We start by loading the data into a Spark DataFrame.

In [2]:
path = "reviews_devset.json" #"hdfs:///user/dic25_shared/amazon-reviews/full/reviews_devset.json"
input_file = spark.read.format("json").load(path).select("category", "reviewText")

In [3]:
input_file.show(n=5)

+--------------------+--------------------+
|            category|          reviewText|
+--------------------+--------------------+
|Patio_Lawn_and_Garde|This was a gift f...|
|Patio_Lawn_and_Garde|This is a very ni...|
|Patio_Lawn_and_Garde|The metal base wi...|
|Patio_Lawn_and_Garde|For the most part...|
|Patio_Lawn_and_Garde|This hose is supp...|
+--------------------+--------------------+


### Label Encoding

As the first step, we perform Label Encoding to convert the category strings into integers.
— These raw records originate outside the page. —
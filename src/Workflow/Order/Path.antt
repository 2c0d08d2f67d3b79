-- ===== src/Workflow/Order/Path.antt =====
-- What one call of the walk does to the path it is on and to the list it builds.
use code_fleet.Prelude.{
  ℕ, zero, suc, ◌≡◌, refl, sym, ap, inl, inr, subst, ◌∙◌, ◌⊎◌, true, false, Option, none, some,
  List, [], ◌∷◌, ◌++◌, Text, ◌==◌, ==_iff, ==_refl, elem, without, elem-append,
  without-eq_of_absent, ok, err, ◌>>=◌, >>=-eq-ok, Bool-cases, Result-cases, Option-cases, All,
  arith,
}
use code_fleet.Workflow.Order.{
  Fault, missing_dependency, cyclic_dag, Walk, visit_each, enter, leave, visit,
}

-- A finished call restores the path, keeps what is listed, and lists nothing that is on the path.
pub record Grows (w w' : Walk) : Type 0 where
  pub same_path : w'.visiting ≡ w.visiting
  pub kept : (k : Text) → elem w.ordered k ≡ true → elem w'.ordered k ≡ true
  pub path_unlisted :
      (k : Text) → elem w.visiting k ≡ true → elem w.ordered k ≡ false → elem w'.ordered k ≡ false

-- The set and the list hold the same keys.
abbrev pub Agrees : Walk → Type 0
Agrees w = (k : Text) → elem w.visited k ≡ elem w.ordered k

Grows-refl : (w : Walk) → Grows w w
Grows-refl w = record { same_path = refl; kept = λ k h. h; path_unlisted = λ k p h. h }

Grows-trans : {u v w : Walk} → Grows u v → Grows v w → Grows u w
Grows-trans g h = record {
  same_path = h.same_path ∙ g.same_path;
  kept = λ k p. h.kept k (g.kept k p);
  path_unlisted = λ k p q. h.path_unlisted k (rw g.same_path p) (g.path_unlisted k p q);
}

elem-snoc : (ks : List Text) (a k : Text) → elem (ks ++ a ∷ []) k ≡ elem (a ∷ ks) k
unfolding elem
elem-snoc ks a k = ground (arith, elem-append ks (a ∷ []) k)

-- What a call from `w` to `w'` on `ks` ensures.
pub record Lists (ks : List Text) (w w' : Walk) : Type 0 where
  pub grows : Grows w w'
  pub agrees : Agrees w'
  pub listed : All (λ k. elem w'.ordered k ≡ true) ks

elem-ne : (a k : Text) (ks : List Text) → elem ks a ≡ false → elem ks k ≡ true → (a == k) ≡ false
elem-ne a k ks out held = ground (arith, ==_iff a k, λ (e : a ≡ k). ap (elem ks) e)

module _ (nodes : Text → Option (List Text)) where
  pub visit_each-Lists :
      (f : ℕ)
      → ((k : Text) (w w' : Walk) → Agrees w → visit nodes f k w ≡ ok w' → Lists (k ∷ []) w w')
      → (ks : List Text) (w w' : Walk) → Agrees w
      → visit_each (visit nodes f) ks w ≡ ok w'
      → Lists ks w w'
  unfolding visit_each
  visit_each-Lists f step [] w w' a e =
      let same : w ≡ w' = cc in
      subst (λ x. Lists [] w x) same (record { grows = Grows-refl w; agrees = a; listed = tt })
  visit_each-Lists f step (k ∷ ks) w w' a e =
      let (v, first, later) = >>=-eq-ok (visit nodes f k w) (visit_each (visit nodes f) ks) e in
      let one = step k w v a first in
      let rest = visit_each-Lists f step ks v w' one.agrees later in
      record {
        grows = Grows-trans one.grows rest.grows;
        agrees = rest.agrees;
        listed = (rest.grows.kept k one.listed.0, rest.listed);
      }

  -- The key is new, its dependencies are walked, and the path is cut back.
  visit-fresh :
      (key : Text) (deps : List Text) (w v : Walk)
      → elem w.visiting key ≡ false
      → Agrees w
      → Lists deps (enter key w) v
      → Lists (key ∷ []) w (leave key v)
  unfolding elem without
  visit-fresh key deps w v off a l = record {
    grows = record {
      same_path =
          rw l.grows.same_path (ground (arith, ==_refl key, without-eq_of_absent key w.visiting));
      kept = λ k h. rw (elem-snoc v.ordered key k) (ground (arith, l.grows.kept k h));
      path_unlisted = λ k p h.
          rw (elem-snoc v.ordered key k)
            (ground (arith, l.grows.path_unlisted k, ==_iff key k, elem-ne key k w.visiting off p));
    };
    agrees = λ k. rw (elem-snoc v.ordered key k) (ground (arith, l.agrees k));
    listed = (rw (elem-snoc v.ordered key key) (ground (arith, ==_refl key)), tt);
  }

  -- What a successful call did: nothing, or the whole body.
  pub record Entered (f : ℕ) (key : Text) (w w' : Walk) : Type 0 where
    pub deps : List Text
    pub inner : Walk
    pub found : nodes key ≡ some deps
    pub off_path : elem w.visiting key ≡ false
    pub fresh : elem w.visited key ≡ false
    pub walked : visit_each (visit nodes f) deps (enter key w) ≡ ok inner
    pub left : w' ≡ leave key inner

  pub visit_inv :
      (f : ℕ) (key : Text) (w w' : Walk)
      → visit nodes (suc f) key w ≡ ok w'
      → (elem w.visited key ≡ true) × (w' ≡ w) ⊎ Entered f key w w'
  unfolding visit
  visit_inv f key w w' e = elim (Option-cases (nodes key)) [
    | inl missing ↦ ground arith
    | inr (deps, found) ↦ elim (Bool-cases (elem w.visiting key)) [
      | inl on ↦ ground arith
      | inr off ↦ elim (Bool-cases (elem w.visited key)) [
        | inl old ↦ inl (ground arith)
        | inr new ↦
            let body : (visit_each (visit nodes f) deps (enter key w) >>= λ v. ok (leave key v))
                ≡ ok w' =
              ground arith in
            let (v, walked, out) =
              >>=-eq-ok (visit_each (visit nodes f) deps (enter key w)) (λ v. ok (leave key v))
                body in
            inr (record {
              deps = deps;
              inner = v;
              found = found;
              off_path = off;
              fresh = new;
              walked = walked;
              left = cc;
            })
      ]
    ]
  ]

  pub visit_again :
      (f : ℕ) (key : Text) (w : Walk) {deps : List Text}
      → nodes key ≡ some deps
      → elem w.visiting key ≡ false
      → elem w.visited key ≡ true
      → visit nodes (suc f) key w ≡ ok w
  unfolding visit
  visit_again f key w found off old = ground arith

  pub visit_fresh :
      (f : ℕ) (key : Text) (w v : Walk) {deps : List Text}
      → nodes key ≡ some deps
      → elem w.visiting key ≡ false
      → elem w.visited key ≡ false
      → visit_each (visit nodes f) deps (enter key w) ≡ ok v
      → visit nodes (suc f) key w ≡ ok (leave key v)
  unfolding visit
  visit_fresh f key w v found off new walked = ground arith

  -- How a call fails: at its own key, or in the body.
  pub record Failed (f : ℕ) (key : Text) (w : Walk) (x : Fault) : Type 0 where
    pub deps : List Text
    pub found : nodes key ≡ some deps
    pub off_path : elem w.visiting key ≡ false
    pub failed : visit_each (visit nodes f) deps (enter key w) ≡ err x

  pub visit_err :
      (f : ℕ) (key : Text) (w : Walk) (x : Fault)
      → visit nodes (suc f) key w ≡ err x
      → (nodes key ≡ none) × (x ≡ missing_dependency)
        ⊎ (elem w.visiting key ≡ true) × (x ≡ cyclic_dag)
        ⊎ Failed f key w x
  unfolding visit
  visit_err f key w x e = elim (Option-cases (nodes key)) [
    | inl missing ↦ inl (ground arith)
    | inr (deps, found) ↦ elim (Bool-cases (elem w.visiting key)) [
      | inl on ↦ inr (inl (ground arith))
      | inr off ↦ elim (Result-cases (visit_each (visit nodes f) deps (enter key w))) [
        | inl (v, p) ↦ absurd (ground arith)
        | inr (y, p) ↦
            inr (inr (record { deps = deps; found = found; off_path = off; failed = ground arith }))
      ]
    ]
  ]

  pub visit-Lists :
      (f : ℕ) (key : Text) (w w' : Walk)
      → Agrees w
      → visit nodes f key w ≡ ok w'
      → Lists (key ∷ []) w w'
  visit-Lists zero key w w' a e = unfold visit in cc
  visit-Lists (suc f) key w w' a e = elim (visit_inv f key w w' e) [
    | inl (old, same) ↦
        subst (λ x. Lists (key ∷ []) w x) (sym same)
          (record { grows = Grows-refl w; agrees = a; listed = (sym (a key) ∙ old, tt) })
    | inr b ↦
        subst (λ x. Lists (key ∷ []) w x) (sym b.left)
          (visit-fresh key b.deps w b.inner b.off_path a
            (visit_each-Lists f (visit-Lists f) b.deps (enter key w) b.inner a b.walked))
  ]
To retransform them if nescessary, we also create a Reindexing Transformer. 

In [4]:
indexer = StringIndexer(inputCol="category", outputCol="label")
indexModel = indexer.fit(input_file)
input_file_1 = indexModel.transform(input_file)

In [5]:
reindexer = IndexToString(inputCol=indexer.getOutputCol(), outputCol="category_reindexed")
reindexer.transform(input_file_1).show(n=5)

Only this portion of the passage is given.